Von Watchman Nees "Das normale Christenleben" hatte ich mir durchaus Einiges versprochen, schließlich ist bzw. war der Autor eine durchaus bedeutende Figur der chinesischen Hauskirchenbewegung, und man könnte ja denken, von dieser könne man als BenOp-Aktivist so allerlei lernen; obendrein machte der provozierende Titel des Buches mich neugierig, zumal Nee gleich zu Beginn des ersten Kapitels sagt: 
"Was ist das normale Christenleben? Soviel wollen wir von vornherein sagen, daß es durchaus etwas anderes ist als das Leben eines Durchschnittschristen ." (S. 7) 
30 Seiten später muss ich leider gestehen, dass ich mit Watchman Nee absolut nicht klarkomme. Ich verstehe schlichtweg nicht, was er von mir will. Gleich das erste Kapitel, überschrieben "Das Blut Jesu Christi", erinnerte mich an meine erste und einzige "Fatima-Sühnenacht" in Berlin-Schöneberg (aus der ich seinerzeit gegen ein Uhr nachts geflüchtet bin).
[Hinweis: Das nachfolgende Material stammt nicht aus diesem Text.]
-- ===== src/Programs/Settings/Accepted.antt =====
-- The settings that the programs run with are good ones.
use revese_server.Base.{true, ◌↔◌, ◌⊎◌, arith, ◌≡◌}
use revese_server.Base.Int.{pos, ◌≤ℤ◌, ltb_ℤ}
use revese_server.Smux.Config.{default_config, verify_config, accepted}
use revese_server.Programs.Settings.{Settings, normalise, smux_config}

-- VerifyConfig accepts what either program makes of its configuration file, whatever the file says.
pub normalise-accepted : (c : Settings) → verify_config (smux_config (normalise c)) ≡ accepted
unfolding verify_config normalise smux_config default_config
normalise-accepted c = ground arith

-- MuxBuf is kept where it is positive and is 64 MB otherwise. StreamBuf is kept where it is positive and not above
-- the MuxBuf that results, and is 16384 otherwise. So the stream buffer exceeds the buffer of its session, which the
-- test on StreamBuf is there to prevent, exactly where MuxBuf is positive and below 16384 and StreamBuf is not
-- from 1 to MuxBuf.
pub stream_buf_exceeds :
    (c : Settings)
    → (((pos 1 ≤ℤ c.mux_buf) × ((normalise c).mux_buf ≡ c.mux_buf))
        ⊎ ((c.mux_buf ≤ℤ pos 0) × ((normalise c).mux_buf ≡ pos 67108864)))
      × (((pos 1 ≤ℤ c.mux_stream_buf)
            × (c.mux_stream_buf ≤ℤ (normalise c).mux_buf)
            × ((normalise c).mux_stream_buf ≡ c.mux_stream_buf))
          ⊎ (((c.mux_stream_buf ≤ℤ pos 0) ⊎ (ltb_ℤ (normalise c).mux_buf c.mux_stream_buf ≡ true))
              × ((normalise c).mux_stream_buf ≡ pos 16384)))
      × ((ltb_ℤ (normalise c).mux_buf (normalise c).mux_stream_buf ≡ true) ↔ (
          (pos 1 ≤ℤ c.mux_buf)
          × (c.mux_buf ≤ℤ pos 16383)
          × ((c.mux_stream_buf ≤ℤ pos 0) ⊎ (ltb_ℤ c.mux_buf c.mux_stream_buf ≡ true))))
unfolding normalise
stream_buf_exceeds c = (ground arith, ground arith, (ground arith, ground arith))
Da hatte ein argentinischer Priester mit Schaum vorm Mund darüber gepredigt, dass Sünden mit Blut gesühnt werden müssten; genau davon spricht Nee auch, aber er hat dabei gar keinen Schaum vorm Mund, sondern bleibt ganz nüchtern und kühl, und das finde ich eigentlich noch irritierender. Vielleicht ist das der Unterschied der chinesischen Mentalität gegenüber der argentinischen, ich weiß es nicht. Insgesamt macht Watchman Nee mit seiner pedantisch-wortklauberischen Exegese auf mich den Eindruck eines theologischen Autodidakten, der, mit nichts als den Paulus-Briefen auf dem Schreibtisch und ohne jede Anleitung durch irgendeine Lehrtradition, für sich selbst das Christentum quasi neu erfinden muss und anschließend - irgendwie folgerichtig - meint, er sei der Einzige, der das Christentum jemals wirklich verstanden habe. Solche Typen sind mir in evangelikalen und "post-evangelikalen" Kreisen schon ein paarmal begegnet, und ich fand sie fast immer gruselig


Linktipps:
Gewohnt Kluges und Besonnenes von Peter Winnemöller: Es gebe viele gute Gründe, gegen die Kirchensteuer zu sein, aber würde sie von jetzt auf gleich abgeschafft, hätte das dramatische Folgen. Andererseits ist angesichts der Entwicklung der Mitgliederzahlen der Großkirchen (und der Altersstruktur ihrer Mitglieder) schon jetzt absehbar, dass die Kirchensteuer in ihrer jetzigen Form keine große Zukunft mehr hat. Winnemöllers Schlussfolgerung: Die Kirche wäre gut beraten, schon jetzt damit zu beginnen, schrittweise aus der Kirchensteuer auszusteigen und alternative Finanzierungsmodelle aufzubauen. 
Lo and behold: häretisch.de, das Propagandaportal der künftigen deutschsynodalen Unkirche, hat angesichts der neuen Austrittszahlen seine Facebook-Fangemeinde dazu aufgerufen, in ca. 1000 Zeichen zu der Frage Stellung zu nehmen: "Was bindet Sie an die Kirche? Warum ist es Ihnen wichtig, in der katholischen Kirche zu bleiben?" -- "Eigentlich könnte man genauso den Karpfen fragen, warum er im See bleibt und es sich nicht statt dessen in der Wüste gemütlich macht", grummelt Bloggerkollege Kephas, rafft sich dann aber doch dazu auf, sich "der Why-Are-You-Still-In-The-Church-Challenge" zu stellen. Trotz des polemischen Einstiegs legt er ein sehr persönliches, sehr bewegendes Glaubenszeugnis ab. Ich will gar nicht viele Worte darüber verlieren. Lest es einfach. Es ist toll. 


Heilige der Woche:

Heute, Montag, 29. Juli: Hl. Marta von Betanien, Jüngerin Jesu. Wird im Lukas- und im Johannesevangelium erwähnt: In Lukas 10,38-42 bewirtet sie Jesus, während ihre Schwester Maria Ihm zu Füßen sitzt und Ihm zuhört; in Johannes 11,1-46 bittet sie Jesus, ihren Bruder Lazarus vom Tod aufzuerwecken, und bekennt sich zu dem Glauben, dass Jesus "der Christus, der Sohn Gottes" ist.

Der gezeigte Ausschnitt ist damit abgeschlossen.